Collected data entries
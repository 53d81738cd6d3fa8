-- ===== src/Serve.antt =====
-- src/serve.rs: the HTTP API over the store.
pub mod Query
pub mod InFlight
pub mod Static
pub mod Routes
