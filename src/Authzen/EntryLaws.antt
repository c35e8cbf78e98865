-- ===== src/Authzen/EntryLaws.antt =====
-- Which entries of a batch are accepted.
use mcp_opa.Base.{
  ℕ, ◌+◌, ◌≡◌, ◌≢◌, ◌↔◌, ◌≤◌, inl, inr, refl, ap, ◌∙◌, subst, List, [], ◌∷◌, Option, none, some,
  arith, ok, err, map_err, >>=-eq-ok, map_err-eq-ok, Result-cases, length, All,
}
use mcp_opa.Json.{RawMessage, RawArray}
use mcp_opa.Config.Load.{Config}
use mcp_opa.Args.Read.{Request, as_json_object, optional_json}
use mcp_opa.Args.Laws.{IsObject, as_json_object_sound, as_json_object_complete, optional_json_sound}
use mcp_opa.Pdp.Wire.{EvaluationRequest}
use mcp_opa.Authzen.Codec.{Codec}
use mcp_opa.Authzen.Entities.{
  Entity, subject, action, resource, entry, bad_argument, entry_not_object, entry_not_request,
  no_evaluations, entity_of,
}
use mcp_opa.Authzen.Entries.{
  effective, require_present, check_entry, check_entries, bounded_entries, read_evaluation_entries,
}
use mcp_opa.Authzen.EntityLaws.{IsComplete}
use mcp_opa.Authzen.RequestLaws.{validate_entities_sound, validate_entities_complete}

-- The entry is an object, and over the defaults it names a complete subject, action and resource.
pub record IsEvaluable (codec : Codec) (defaults : EvaluationRequest) (raw : RawMessage)
    : Type 0 where
  pub is_object : IsObject codec.any raw
  pub own : EvaluationRequest
  pub decodes : codec.request raw ≡ ok own
  pub present : (e : Entity) → entity_of (effective own defaults) e ≢ []
  pub complete : (e : Entity) → IsComplete codec (entity_of (effective own defaults) e) e

module _ (codec : Codec) (defaults : EvaluationRequest) where
  require_present_sound :
      (i : ℕ) (r : EvaluationRequest) (e : Entity) {u : Unit {0}}
      → require_present i r e ≡ ok u
      → entity_of r e ≢ []
  require_present_sound i r e h = ground arith

  require_present_complete :
      (i : ℕ) (r : EvaluationRequest) (e : Entity)
      → entity_of r e ≢ []
      → require_present i r e ≡ ok tt
  require_present_complete i r e h = ground arith

  by_entity : (P : Entity → Type 0) → P subject → P action → P resource → (e : Entity) → P e
  by_entity P s a r subject = s
  by_entity P s a r action = a
  by_entity P s a r resource = r

  pub check_entry_sound :
      (i : ℕ) (raw : RawMessage) {u : Unit {0}}
      → check_entry codec defaults i raw ≡ ok u
      → IsEvaluable codec defaults raw
  unfolding check_entry
  check_entry_sound i raw h =
      let (b, object, h1) =
        >>=-eq-ok (map_err (entry_not_object i) (as_json_object codec.any raw)) _ h in
      let (own, decoded, h2) = >>=-eq-ok (map_err (entry_not_request i) (codec.request raw)) _ h1 in
      let (u1, has_subject, h3) =
        >>=-eq-ok (require_present i (effective own defaults) subject) _ h2 in
      let (u2, has_action, h4) =
        >>=-eq-ok (require_present i (effective own defaults) action) _ h3 in
      let (u3, has_resource, valid) =
        >>=-eq-ok (require_present i (effective own defaults) resource) _ h4 in
      let present : ((e : Entity) → entity_of (effective own defaults) e ≢ []) =
        by_entity (λ e. entity_of (effective own defaults) e ≢ [])
          (require_present_sound i (effective own defaults) subject has_subject)
          (require_present_sound i (effective own defaults) action has_action)
          (require_present_sound i (effective own defaults) resource has_resource) in
      record {
        is_object =
            (as_json_object_sound codec.any raw
              (map_err-eq-ok (entry_not_object i) (as_json_object codec.any raw) object)).1;
        own = own;
        decodes = map_err-eq-ok (entry_not_request i) (codec.request raw) decoded;
        present = present;
        complete = λ e.
            elim (validate_entities_sound codec (effective own defaults) (entry i) valid e) [
              | inl absent ↦ absurd (present e absent)
              | inr c ↦ c
            ];
      }

  pub check_entry_complete :
      (i : ℕ) (raw : RawMessage)
      → IsEvaluable codec defaults raw
      → check_entry codec defaults i raw ≡ ok tt
  unfolding check_entry
  check_entry_complete i raw v = ground (
    arith,
    as_json_object_complete codec.any raw v.is_object,
    v.decodes,
    v.present subject,
    v.present action,
    v.present resource,
    validate_entities_complete codec (effective v.own defaults) (entry i) (λ e. inr (v.complete e)),
  )

  check_entries_sound :
      (i : ℕ) (raws : List RawMessage) {u : Unit {0}}
      → check_entries codec defaults i raws ≡ ok u
      → All (IsEvaluable codec defaults) raws
  unfolding check_entries
  check_entries_sound i [] h = tt
  check_entries_sound i (raw ∷ rest) h =
      let (u, first, later) = >>=-eq-ok (check_entry codec defaults i raw) _ h in
      (check_entry_sound i raw first, check_entries_sound (i + 1) rest later)

  check_entries_complete :
      (i : ℕ) (raws : List RawMessage)
      → All (IsEvaluable codec defaults) raws
      → check_entries codec defaults i raws ≡ ok tt
  unfolding check_entries
  check_entries_complete i [] h = refl
  check_entries_complete i (raw ∷ rest) (v, vs) =
      rw (check_entry_complete i raw v) (check_entries_complete (i + 1) rest vs)

-- A batch that may be sent: between one entry and a hundred, decoded from the argument, each of
-- which can be evaluated over the defaults.
pub record ReadsEntries (codec : Codec) (req : Request) (cfg : Config)
    (defaults : EvaluationRequest) (raws : List RawMessage) : Type 0 where
  pub fits :
      (req.get_string "evaluations" [] ≢ [])
      × (length (req.get_string "evaluations" []) ≤ cfg.max_arg_bytes)
  pub decodes : codec.array (req.get_string "evaluations" []) ≡ ok (some raws)
  pub some_entry : 1 ≤ length raws
  pub bounded : length raws ≤ 100
  pub evaluable : All (IsEvaluable codec defaults) raws

module _ (codec : Codec) (req : Request) (cfg : Config) (defaults : EvaluationRequest)
    (raws : List RawMessage) where
  bounded_entries_sound :
      (array : RawArray)
      → bounded_entries codec defaults array ≡ ok raws
      → (array ≡ some raws)
        × (1 ≤ length raws)
        × (length raws ≤ 100)
        × All (IsEvaluable codec defaults) raws
  unfolding bounded_entries
  bounded_entries_sound none h = cc
  bounded_entries_sound (some found) h =
      elim (Result-cases (check_entries codec defaults 0 found)) [
        | inl (e, bad) ↦ absurd (ground (arith, bad))
        | inr (u, good) ↦
            let same : found ≡ raws = ground (arith, good) in
            (
              ap some same,
              ground (arith, same),
              ground (arith, same),
              subst (All (IsEvaluable codec defaults)) same
                  (check_entries_sound codec defaults 0 found good),
            )
      ]

  entries_sound :
      read_evaluation_entries codec req cfg defaults ≡ ok raws
      → ReadsEntries codec req cfg defaults raws
  unfolding read_evaluation_entries
  entries_sound h =
      let (decoded, read, rest) =
        >>=-eq-ok
          (map_err bad_argument (optional_json codec.array req "evaluations" cfg.max_arg_bytes)) _
          h in
      by_decoded decoded
        (map_err-eq-ok bad_argument (optional_json codec.array req "evaluations" cfg.max_arg_bytes)
          read)
        rest
    where
      by_decoded :
          (decoded : Option RawArray)
          → optional_json codec.array req "evaluations" cfg.max_arg_bytes ≡ ok decoded
          → (elim decoded [
            | none ↦ err no_evaluations
            | some array ↦ bounded_entries codec defaults array
          ])
            ≡ ok raws
          → ReadsEntries codec req cfg defaults raws
      by_decoded none read rest = cc
      by_decoded (some array) read rest =
          let (full, fits, decodes) =
            optional_json_sound codec.array req "evaluations" cfg.max_arg_bytes array read in
          let (same, nonempty, bounded, evaluable) = bounded_entries_sound array rest in
          record {
            fits = (full, fits);
            decodes = decodes ∙ ap ok same;
            some_entry = nonempty;
            bounded = bounded;
            evaluable = evaluable;
          }

  entries_complete :
      ReadsEntries codec req cfg defaults raws
      → read_evaluation_entries codec req cfg defaults ≡ ok raws
  unfolding read_evaluation_entries optional_json bounded_entries
  entries_complete r = ground (
    arith,
    r.fits,
    r.decodes,
    r.some_entry,
    r.bounded,
    check_entries_complete codec defaults 0 raws r.evaluable,
  )

-- The batch is accepted exactly when the argument is there, within its bound, and decodes to an
-- array of one to a hundred entries, each of which is an object that over the defaults names a
-- complete subject, action and resource; the entries are then handed on as they were decoded.
pub read_evaluation_entries_iff :
    (codec : Codec) (req : Request) (cfg : Config) (defaults : EvaluationRequest)
    (raws : List RawMessage)
    → (read_evaluation_entries codec req cfg defaults ≡ ok raws)
      ↔ ReadsEntries codec req cfg defaults raws
read_evaluation_entries_iff codec req cfg defaults raws =
    (entries_sound codec req cfg defaults raws, entries_complete codec req cfg defaults raws)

* **YOUR GOAL**
Go through the entries and filter for lines holding the word "batch"; copy each match.

* **EXPECTED ANSWER**
-- Which entries of a batch are accepted.
-- A batch that may be sent: between one entry and a hundred, decoded from the argument, each of
-- The batch is accepted exactly when the argument is there, within its bound, and decodes to an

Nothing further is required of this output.